The week gone by has been a crazy and super-volatile one. We began the week with the Sensex gaining over 600 points on Monday. The next two days were marginally negative and we had a dip on Thursday. Friday was another big fall and the Sensex lost a whopping 500 points, ending the week with losses of 131.14 points, or 0.40 per cent, to close at 33,176 points. The Nifty lost 31.70 points, or 0.31 per cent, to end at 10,195.15 points. What is significant is that the gain on Monday is the highest in about 18 months, and the loss on Friday is almost the highest in calendar year 2018 and similar to the loss on February 6, 2018.
Futures for March 2018 would expire on Thursday, March 22. The current value of the Nifty is at 10,195.15 points, which is lower by 187.55 points, or 1.84 per cent, than the close of the February series. With so many cross currents and head winds that the market is facing, it appears that the bears have an upper hand in the current series.

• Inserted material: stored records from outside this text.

-- ===== src/Dbc/Sign.antt =====
-- internal/dbc/decode.go (SignedRaw, MuxValueOf) and dbc.go (multiplexer). An int64 is its bit pattern.
use native.Mathlib.Nat.{mod-lt, mul-div_left, mul-lt-mul_of_pos_right, mul-le-mul_right}
use go_mdf.Base.{
  ℕ, suc, ◌+◌, ◌-◌, ◌*◌, ◌/◌, ◌%◌, ◌^◌, ◌≤◌, ◌<◌, ◌≡◌, refl, sym, subst, ap, ◌∙◌, true, false, ◌||◌,
  not, Option, none, some, List, [], ◌∷◌, ltb, leb, ne→==, All, length, if◌then◌else◌, if-false,
  Outcome, ok, ◌>>=◌, arith, Bool-cases, inl, inr, ltb→lt, ltb→ge, lt→ltb, ge→ltb, leb→gt, leb→le,
}
use go_mdf.Base.Powers.{pow-add, pow-pos, mod_fits}
use go_mdf.Base.Uint64.{shl, shl_lem}
use go_mdf.Base.Words.{Bytes, IsByte, le_value}
use go_mdf.Dbc.Decode.{Signal, raw, raw_little, raw_big}
use go_mdf.Dbc.Little.{raw_little_lem}

-- `int64(v) >> k`: the sign bit comes in from above.
abbrev pub sar : ℕ → ℕ → ℕ
sar v k = if ltb v (2 ^ 63) then v / 2 ^ k else v / 2 ^ k + (2 ^ 64 - 2 ^ (64 - k))

unfoldable pub signed_raw : Signal → ℕ → ℕ
signed_raw s v = if not s.signed || leb 64 s.len then v else sar (shl v (64 - s.len)) (64 - s.len)

-- The first multiplexer among the signals of a message.
unfoldable pub multiplexer : List Signal → Option Signal
multiplexer [] = none
multiplexer (s ∷ signals) =
    let rest = multiplexer signals in if s.is_multiplexer then some s else rest

abbrev pub switch_value : Signal → Option ℕ → Option ℕ
switch_value mux none = none
switch_value mux (some v) = some (signed_raw mux v)

unfoldable pub mux_value_of : List Signal → Bytes → Outcome (Option ℕ)
mux_value_of signals payload = elim (multiplexer signals) [
  | none ↦ ok none
  | some mux ↦ (raw mux payload >>= λ v. ok (switch_value mux v))
]

-- The raw value of `len` bits as a two's complement number of `len` bits, extended to 64 bits.
abbrev pub extended : ℕ → ℕ → ℕ
extended len v = if ltb v (2 ^ (len - 1)) then v else v + (2 ^ 64 - 2 ^ len)

module _ (l k v : ℕ) (width : l + k ≡ 63) (fits : v < 2 ^ suc l) where
  shifted : shl v k ≡ v * 2 ^ k
  shifted =
      shl_lem v k (suc l) (omega (arith, width)) ∙ ap (λ t. t * 2 ^ k) (mod_fits v (suc l) fits)

  top : 2 ^ 63 ≡ 2 ^ l * 2 ^ k
  top = ap (λ t. 2 ^ t) (sym width) ∙ pow-add 2 l k

  back : v * 2 ^ k / 2 ^ k ≡ v
  back = mul-div_left v (pow-pos k)

  minus : suc l - 1 ≡ l
  minus = omega arith

  rest : 64 - k ≡ suc l
  rest = omega (arith, width)

  sar-shl : sar (shl v k) k ≡ extended (suc l) v
  sar-shl = elim (Bool-cases (ltb v (2 ^ l))) [
    | inl e ↦
        let less = mul-lt-mul_of_pos_right {k = 2 ^ k} (ltb→lt v (2 ^ l) e) (pow-pos k) in
        rw (shifted, lt→ltb (v * 2 ^ k) (2 ^ 63) (omega (arith, less, top)), minus, e) back
    | inr e ↦
        let more = mul-le-mul_right {m = 2 ^ l} {n = v} (2 ^ k) (ltb→ge v (2 ^ l) e) in
        rw (shifted, ge→ltb (v * 2 ^ k) (2 ^ 63) (omega (arith, more, top)), minus, e, rest)
          (ap (λ t. t + (2 ^ 64 - 2 ^ suc l)) back)
  ]

whole_width : (v : ℕ) → v ≡ extended 64 v
whole_width v = elim (Bool-cases (ltb v (2 ^ 63))) [
  | inl e ↦ rw e refl
  | inr e ↦ rw e (omega arith)
]

-- SignedRaw of a signed signal takes the raw value, which has the signal's length, as a two's
-- complement number, and extends it to 64 bits.
pub signed_raw_lem :
    (s : Signal) (v : ℕ)
    → s.signed ≡ true
    → 1 ≤ s.len
    → s.len ≤ 64
    → v < 2 ^ s.len
    → signed_raw s v ≡ extended s.len v
unfolding signed_raw
signed_raw_lem s v signed lo hi fits = elim (Bool-cases (leb 64 s.len)) [
  | inl wide ↦
      let len_eq : 64 ≡ s.len = omega (arith, leb→le 64 s.len wide, hi) in
      rw (signed, wide) (whole_width v ∙ ap (λ n. extended n v) len_eq)
  | inr narrow ↦
      let less = leb→gt 64 s.len narrow in
      let len_eq : suc (s.len - 1) ≡ s.len = omega (arith, lo) in
      rw (signed, narrow)
        (sar-shl (s.len - 1) (64 - s.len) v (omega (arith, lo, less))
            (subst (λ n. v < 2 ^ n) (sym len_eq) fits)
          ∙ ap (λ n. extended n v) len_eq)
]

-- The value of a signal's field: unsigned, or extended.
abbrev pub field_value : Signal → ℕ → ℕ
field_value s v = if s.signed then extended s.len v else v

field_value_lem :
    (s : Signal) (v : ℕ) → 1 ≤ s.len → s.len ≤ 64 → v < 2 ^ s.len → signed_raw s v ≡ field_value s v
unfolding signed_raw
field_value_lem s v lo hi fits = elim (Bool-cases s.signed) [
  | inl e ↦ signed_raw_lem s v e lo hi fits ∙ rw e refl
  | inr e ↦ rw e refl
]

raw_little-raw :
    (s : Signal) (p : Bytes)
    → s.big_endian ≡ false
    → 1 ≤ s.len
    → s.len ≤ 64
    → raw s p ≡ raw_little s p
unfolding raw
raw_little-raw s p little lo hi =
    rw (ne→== s.len 0 (λ q. omega (arith, q, lo)), ge→ltb 64 s.len hi)
      (if-false s.big_endian (raw_big s p) (raw_little s p) little)

-- MuxValueOf of a message whose first multiplexer is little-endian returns the field of that
-- signal, sign-extended if it is signed, and nothing exactly if its bits are not all in the payload.
pub mux_value_of_lem :
    (signals : List Signal) (mux : Signal) (p : Bytes)
    → multiplexer signals ≡ some mux
    → mux.big_endian ≡ false
    → 1 ≤ mux.len
    → mux.len ≤ 64
    → All IsByte p
    → mux_value_of signals p ≡ (
        if leb (mux.start_bit + mux.len) (8 * length p)
        then ok (some (field_value mux (le_value p / 2 ^ mux.start_bit % 2 ^ mux.len)))
        else ok none)
unfolding mux_value_of
mux_value_of_lem signals mux p found little lo hi bytes =
    elim (Bool-cases (leb (mux.start_bit + mux.len) (8 * length p))) [
      | inl e ↦
          rw
            (
              found,
              mux_value_of,
              raw_little-raw mux p little lo hi,
              raw_little_lem mux p bytes hi lo,
              e,
            )
            (ap (λ t. ok (some t))
              (field_value_lem mux (le_value p / 2 ^ mux.start_bit % 2 ^ mux.len) lo hi
                (mod-lt (le_value p / 2 ^ mux.start_bit) (pow-pos mux.len))))
      | inr e ↦
          rw
            (
              found,
              mux_value_of,
              raw_little-raw mux p little lo hi,
              raw_little_lem mux p bytes hi lo,
              e,
            )
            refl
    ]
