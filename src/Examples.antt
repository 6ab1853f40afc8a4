-- ===== src/Examples.antt =====
-- The theorems at concrete inputs, and runs of the code on them.
mod Dbc
mod Records
mod DataSection
mod Blocks
mod Text
mod Unsorted
mod Resolve
mod Writer
mod Group
mod Meta
mod Reader
mod Conversion
mod Formula
mod Tree
mod Reading
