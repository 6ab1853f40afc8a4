-- ===== src/Examples/Blocks.antt =====
-- internal/blocks on a small file: a DL block, then a DZ block and an LD block.
use go_mdf.Base.{[], ◌∷◌, ◌++◌, arith, replicate, Post}
use go_mdf.Base.Words.{Bytes}
use go_mdf.Blocks.Header.{decode_raw}
use go_mdf.Blocks.Header.Laws.{IsBlock, decode_raw-Post}
use go_mdf.Blocks.Lists.{id_dl, id_ld, id_dz, decode_dl, decode_ld, decode_dz}
use go_mdf.Blocks.Lists.Laws.{IsDl, IsLd, IsDz, decode_dl-Post, decode_ld-Post, decode_dz-Post}

-- Reserved bytes, a length of 56, two links, an equal length of 8 for one block.
abbrev list_file : Bytes
list_file =
    id_dl
    ++ (replicate 4 0
        ++ (56 ∷ replicate 7 0
            ++ (2 ∷ replicate 7 0
                ++ (replicate 8 0
                    ++ (64 ∷ replicate 7 0
                        ++ (1 ∷ 0 ∷ 0 ∷ 0 ∷ 1 ∷ 0 ∷ 0 ∷ 0 ∷ 8 ∷ replicate 7 0))))))

decode_raw-Post_example : Post (IsBlock list_file 0 1 8) (decode_raw list_file 0 id_dl 1 8)
decode_raw-Post_example = decode_raw-Post list_file (omega arith) 0 id_dl 1 8

decode_dl-Post_example : Post IsDl (decode_dl list_file 0)
decode_dl-Post_example = decode_dl-Post list_file (omega arith) 0

abbrev ld_file : Bytes
ld_file =
    id_ld
    ++ (replicate 4 0
        ++ (56 ∷ replicate 7 0
            ++ (2 ∷ replicate 7 0
                ++ (replicate 8 0
                    ++ (64 ∷ replicate 7 0
                        ++ (1 ∷ 0 ∷ 0 ∷ 0 ∷ 1 ∷ 0 ∷ 0 ∷ 0 ∷ 8 ∷ replicate 7 0))))))

decode_ld-Post_example : Post IsLd (decode_ld ld_file 0)
decode_ld-Post_example = decode_ld-Post ld_file (omega arith) 0

-- Two compressed bytes behind the fields of a DZ block.
abbrev dz_file : Bytes
dz_file =
    id_dz
    ++ (replicate 4 0
        ++ (50 ∷ replicate 7 0
            ++ (replicate 8 0
                ++ (b'D' ∷ b'T' ∷ replicate 6 0
                    ++ (8 ∷ replicate 7 0 ++ (2 ∷ replicate 7 0 ++ (7 ∷ 7 ∷ [])))))))

decode_dz-Post_example : Post (IsDz dz_file) (decode_dz dz_file 0)
decode_dz-Post_example = decode_dz-Post dz_file (omega arith) 0
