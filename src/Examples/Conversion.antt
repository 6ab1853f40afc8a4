-- ===== src/Examples/Conversion.antt =====
-- Conversions over whole numbers and NaN.
use go_mdf.Base.{
  ℕ, ◌+◌, ◌-◌, ◌*◌, ◌/◌, ◌≡◌, refl, Bool, true, false, ◌&&◌, ◌⊎◌, inl, inr, Bool-cases, Option,
  none, some, [], ◌∷◌, leb, leb→le, le→leb, Outcome, ok, panic, Post, arith,
}
use go_mdf.Base.Words.{Bytes}
use go_mdf.Blocks.Meta.Channel.{Cc}
use go_mdf.Conversion.Float.{Float, IsOrdered}
use go_mdf.Conversion.Table.{tab_lookup}
use go_mdf.Conversion.Table.Values.{Looked, tab_lookup-Looked}
use go_mdf.Conversion.Compile.{Conversion, convert_one}
use go_mdf.Conversion.Rules.{compile}
use go_mdf.Conversion.Rules.Laws.{compile_panics}

abbrev pub W : Type 0
W = Option ℕ

abbrev pub both : (ℕ → ℕ → ℕ) → W → W → W
both g (some a) (some b) = some (g a b)
both g _ _ = none

abbrev le : W → W → Bool
le (some a) (some b) = leb a b
le _ _ = false

abbrev pub toy : Float W
toy = record {
  add = both (λ a b. a + b);
  sub = both (λ a b. a - b);
  mul = both (λ a b. a * b);
  div = both (λ a b. a / b);
  le = le;
  eq = λ x y. le x y && le y x;
  zero = some 0;
  one = some 1;
  nan = none;
  of_bits = some;
  of_uint = some;
  to_uint = λ x. elim x [ none ↦ 0 | some n ↦ n ];
  show = λ x. [];
}

leb_refl : (a : ℕ) → leb a a ≡ true
leb_refl a = le→leb a a (omega arith)

le_number : (x y : W) → le x y ≡ true → (le x x ≡ true) × (le y y ≡ true)
le_number none y h = cc
le_number (some a) none h = cc
le_number (some a) (some b) h = (leb_refl a, leb_refl b)

le_trans : (x y z : W) → le x y ≡ true → le y z ≡ true → le x z ≡ true
le_trans none y z h k = cc
le_trans (some a) none z h k = cc
le_trans (some a) (some b) none h k = cc
le_trans (some a) (some b) (some c) h k = le→leb a c (omega (arith, leb→le a b h, leb→le b c k))

le_total : (x y : W) → le x x ≡ true → le y y ≡ true → (le x y ≡ true) ⊎ (le y x ≡ true)
le_total none y h k = cc
le_total (some a) none h k = cc
le_total (some a) (some b) h k = elim (Bool-cases (leb a b)) [
  | inl e ↦ inl e
  | inr e ↦ inr (ground arith)
]

pub toy-IsOrdered : IsOrdered W toy
toy-IsOrdered = record {
  le_number = le_number;
  le_trans = le_trans;
  le_total = le_total;
  of_uint_number = leb_refl;
  eq-le = λ x y. refl;
}

abbrev formula : Bytes → Outcome (W → W)
formula s = ok (λ x. x)

-- 10 ↦ 1 and 20 ↦ 2.
abbrev pub block : Cc
block = record {
  name = 0;
  unit = 0;
  comment = 0;
  inverse = 0;
  refs = [];
  cc_type = 4;
  precision = 0;
  flags = 0;
  ref_count = 0;
  val_count = 4;
  range_min = 0;
  range_max = 0;
  vals = 10 ∷ 1 ∷ 20 ∷ 2 ∷ [];
}

tab_lookup-Looked_example :
    Post
      (Looked toy (some 10 ∷ some 20 ∷ []) (some 1 ∷ some 2 ∷ []) (some 15) true)
      (tab_lookup toy (some 10 ∷ some 20 ∷ []) (some 1 ∷ some 2 ∷ []) (some 15) true)
tab_lookup-Looked_example =
    tab_lookup-Looked toy toy-IsOrdered (some 10) (some 20 ∷ []) (some 1 ∷ some 2 ∷ []) (some 15)
      true (refl, (refl, tt)) refl refl

compile_panics_example :
    (c : Conversion W) × (compile toy formula (some block) [] true ≡ ok (some c))
    × (convert_one c none ≡ panic)
compile_panics_example =
    compile_panics toy toy-IsOrdered formula block [] true none (inl refl) (omega arith) refl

The week gone by saw the primary issue from Bharat Dynamics close for subscription. The issue was oversubscribed 1.3 times with the QIB portion subscribed 1.50 times. HNI undersubscribed at 0.50 times and retail subscribed 1.41 times. The average value of the retail subscription was significantly higher than the norm at roughly 13 lots against the conventional sub-two lots. This clearly shows those who applied were aware of the subscription being muted.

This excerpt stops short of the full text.